**PROBLEM TO WORK ON:**
Print out the data below in full, exactly as written.

**PROVIDED ENTRIES:**
####################

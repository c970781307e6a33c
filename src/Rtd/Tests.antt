-- ===== src/Rtd/Tests.antt =====
-- The theorems on the caches at caches of one and of two entries.
use linuxax.Prelude.{
  ℕ, ◌≡◌, ◌↔◌, false, true, ◌-◌, ◌++◌, length, List, [], ◌∷◌, some, take, refl, same, ◌&&◌,
}
use linuxax.Rtd.{
  IpEntry, Ax25Entry, Config, Cache, unlink, make_room, update_ip_route, update_ax25_route,
  del_ax25_route, del_kernel_ax25_route,
}
use linuxax.Rtd.Entries.{without}
use linuxax.Rtd.Valid.{IsValid}
use linuxax.Rtd.Run.{Op, update_ip, update_ax25, apply, apply_all, start, apply_all-IsValid}
use linuxax.Rtd.Recent.{IsUpdated, for_ip, update_ip_route-recent}
use linuxax.Rtd.Faults.{HasNoIpRoute, goes_to, requests, del_ax25_route-removes}

-- Interface `a`, on the network 44.0.0.0/8.
abbrev channel : Config
channel = record { dev = 0x61 ∷ []; netmask = 0xff000000; ip = 0x2c000001 }

abbrev station : List ℕ
station = 0x82 ∷ 0x84 ∷ 0x86 ∷ 0x62 ∷ 0x40 ∷ 0x40 ∷ 0x60 ∷ []

abbrev other : List ℕ
other = 0x90 ∷ 0x84 ∷ 0x86 ∷ 0x62 ∷ 0x40 ∷ 0x40 ∷ 0x60 ∷ []

abbrev ip_entry : IpEntry
ip_entry = record {
  ip = 0x2c000005;
  iface = 0x61 ∷ [];
  call = other;
  ipmode = 0;
  timestamp = 7;
  invalid = false;
}

abbrev ax25_entry : Ax25Entry
ax25_entry = record { iface = 0x61 ∷ []; call = station; digipeater = []; timestamp = 7 }

abbrev one_each : Cache
one_each = record {
  ip_routes = ip_entry ∷ [];
  ip_routes_cnt = 1;
  ip_maxroutes = 1;
  ax25_routes = ax25_entry ∷ [];
  ax25_routes_cnt = 1;
  ax25_maxroutes = 1;
  kernel = [];
}

abbrev two_ops : List Op
two_ops = update_ip channel 0x2c000005 0 other 7 ∷ update_ax25 channel station [] 7 ∷ []

one_each_built : apply_all false two_ops (start 1 1) ≡ some one_each
unfolding apply_all apply update_ip_route update_ax25_route unlink make_room
one_each_built = refl

one_each-IsValid : IsValid one_each
one_each-IsValid = apply_all-IsValid false 1 1 two_ops one_each one_each_built

apply_all-IsValid_example : IsValid one_each
apply_all-IsValid_example = apply_all-IsValid false 1 1 two_ops one_each one_each_built

-- The only entry makes room for the new one.
update_ip_route-recent_example :
    (e : IpEntry) × IsUpdated channel 0x2c000009 1 station 9 e
    × ((update_ip_route channel 0x2c000009 1 station 9 one_each).1.ip_routes
        ≡ take 1 (e ∷ without (for_ip 0x2c000009) (ip_entry ∷ [])))
update_ip_route-recent_example =
    update_ip_route-recent channel 0x2c000009 1 station 9 one_each 0 one_each-IsValid refl refl
      (λ e. refl, tt)

ax25_entry_found :
    unlink (λ (e : Ax25Entry). same station e.call && same channel.dev e.iface) (ax25_entry ∷ [])
    ≡ some (ax25_entry, [])
unfolding unlink same
ax25_entry_found = refl

-- The cache with an IP route to the station too.
abbrev both : Cache
both = record one_each {
  ip_routes = record ip_entry { ip = 0x2c000006; call = station } ∷ ip_entry ∷ [];
  ip_routes_cnt = 2;
  ip_maxroutes = 2;
}

del_ax25_route-removes_example :
    (del_ax25_route true channel station both
      ≡ some (
        0,
        record both {
          ip_routes = without (goes_to station) both.ip_routes;
          ip_routes_cnt = both.ip_routes_cnt - length (requests station both.ip_routes);
          ax25_routes = [];
          ax25_routes_cnt = both.ax25_routes_cnt - 1;
          kernel =
              (both.kernel ++ requests station both.ip_routes)
              ++ (del_kernel_ax25_route channel.dev station ∷ []);
        },
      ))
    × (((r : ℕ) × (c' : Cache) × (del_ax25_route false channel station both ≡ some (r, c')))
        ↔ HasNoIpRoute station both)
del_ax25_route-removes_example =
    del_ax25_route-removes channel station both ax25_entry [] ax25_entry_found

####################

**WRITTEN RESPONSE:**
repository c970781307e6a33c
filename src/Rtd/Tests.antt
-- ===== src/Rtd/Tests.antt =====
-- The theorems on the caches at caches of one and of two entries.
use linuxax.Prelude.{
  ℕ, ◌≡◌, ◌↔◌, false, true, ◌-◌, ◌++◌, length, List, [], ◌∷◌, some, take, refl, same, ◌&&◌,
}
use linuxax.Rtd.{
  IpEntry, Ax25Entry, Config, Cache, unlink, make_room, update_ip_route, update_ax25_route,
  del_ax25_route, del_kernel_ax25_route,
}
use linuxax.Rtd.Entries.{without}
use linuxax.Rtd.Valid.{IsValid}
use linuxax.Rtd.Run.{Op, update_ip, update_ax25, apply, apply_all, start, apply_all-IsValid}
use linuxax.Rtd.Recent.{IsUpdated, for_ip, update_ip_route-recent}
use linuxax.Rtd.Faults.{HasNoIpRoute, goes_to, requests, del_ax25_route-removes}

-- Interface `a`, on the network 44.0.0.0/8.
abbrev channel : Config
channel = record { dev = 0x61 ∷ []; netmask = 0xff000000; ip = 0x2c000001 }

abbrev station : List ℕ
station = 0x82 ∷ 0x84 ∷ 0x86 ∷ 0x62 ∷ 0x40 ∷ 0x40 ∷ 0x60 ∷ []

abbrev other : List ℕ
other = 0x90 ∷ 0x84 ∷ 0x86 ∷ 0x62 ∷ 0x40 ∷ 0x40 ∷ 0x60 ∷ []

abbrev ip_entry : IpEntry
ip_entry = record {
  ip = 0x2c000005;
  iface = 0x61 ∷ [];
  call = other;
  ipmode = 0;
  timestamp = 7;
  invalid = false;
}

abbrev ax25_entry : Ax25Entry
ax25_entry = record { iface = 0x61 ∷ []; call = station; digipeater = []; timestamp = 7 }

abbrev one_each : Cache
one_each = record {
  ip_routes = ip_entry ∷ [];
  ip_routes_cnt = 1;
  ip_maxroutes = 1;
  ax25_routes = ax25_entry ∷ [];
  ax25_routes_cnt = 1;
  ax25_maxroutes = 1;
  kernel = [];
}

abbrev two_ops : List Op
two_ops = update_ip channel 0x2c000005 0 other 7 ∷ update_ax25 channel station [] 7 ∷ []

one_each_built : apply_all false two_ops (start 1 1) ≡ some one_each
unfolding apply_all apply update_ip_route update_ax25_route unlink make_room
one_each_built = refl

one_each-IsValid : IsValid one_each
one_each-IsValid = apply_all-IsValid false 1 1 two_ops one_each one_each_built

apply_all-IsValid_example : IsValid one_each
apply_all-IsValid_example = apply_all-IsValid false 1 1 two_ops one_each one_each_built

-- The only entry makes room for the new one.
update_ip_route-recent_example :
    (e : IpEntry) × IsUpdated channel 0x2c000009 1 station 9 e
    × ((update_ip_route channel 0x2c000009 1 station 9 one_each).1.ip_routes
        ≡ take 1 (e ∷ without (for_ip 0x2c000009) (ip_entry ∷ [])))
update_ip_route-recent_example =
    update_ip_route-recent channel 0x2c000009 1 station 9 one_each 0 one_each-IsValid refl refl
      (λ e. refl, tt)

ax25_entry_found :
    unlink (λ (e : Ax25Entry). same station e.call && same channel.dev e.iface) (ax25_entry ∷ [])
    ≡ some (ax25_entry, [])
unfolding unlink same
ax25_entry_found = refl

-- The cache with an IP route to the station too.
abbrev both : Cache
both = record one_each {
  ip_routes = record ip_entry { ip = 0x2c000006; call = station } ∷ ip_entry ∷ [];
  ip_routes_cnt = 2;
  ip_maxroutes = 2;
}

del_ax25_route-removes_example :
    (del_ax25_route true channel station both
      ≡ some (
        0,
        record both {
          ip_routes = without (goes_to station) both.ip_routes;
          ip_routes_cnt = both.ip_routes_cnt - length (requests station both.ip_routes);
          ax25_routes = [];
          ax25_routes_cnt = both.ax25_routes_cnt - 1;
          kernel =
              (both.kernel ++ requests station both.ip_routes)
              ++ (del_kernel_ax25_route channel.dev station ∷ []);
        },
      ))
    × (((r : ℕ) × (c' : Cache) × (del_ax25_route false channel station both ≡ some (r, c')))
        ↔ HasNoIpRoute station both)
del_ax25_route-removes_example =
    del_ax25_route-removes channel station both ax25_entry [] ax25_entry_found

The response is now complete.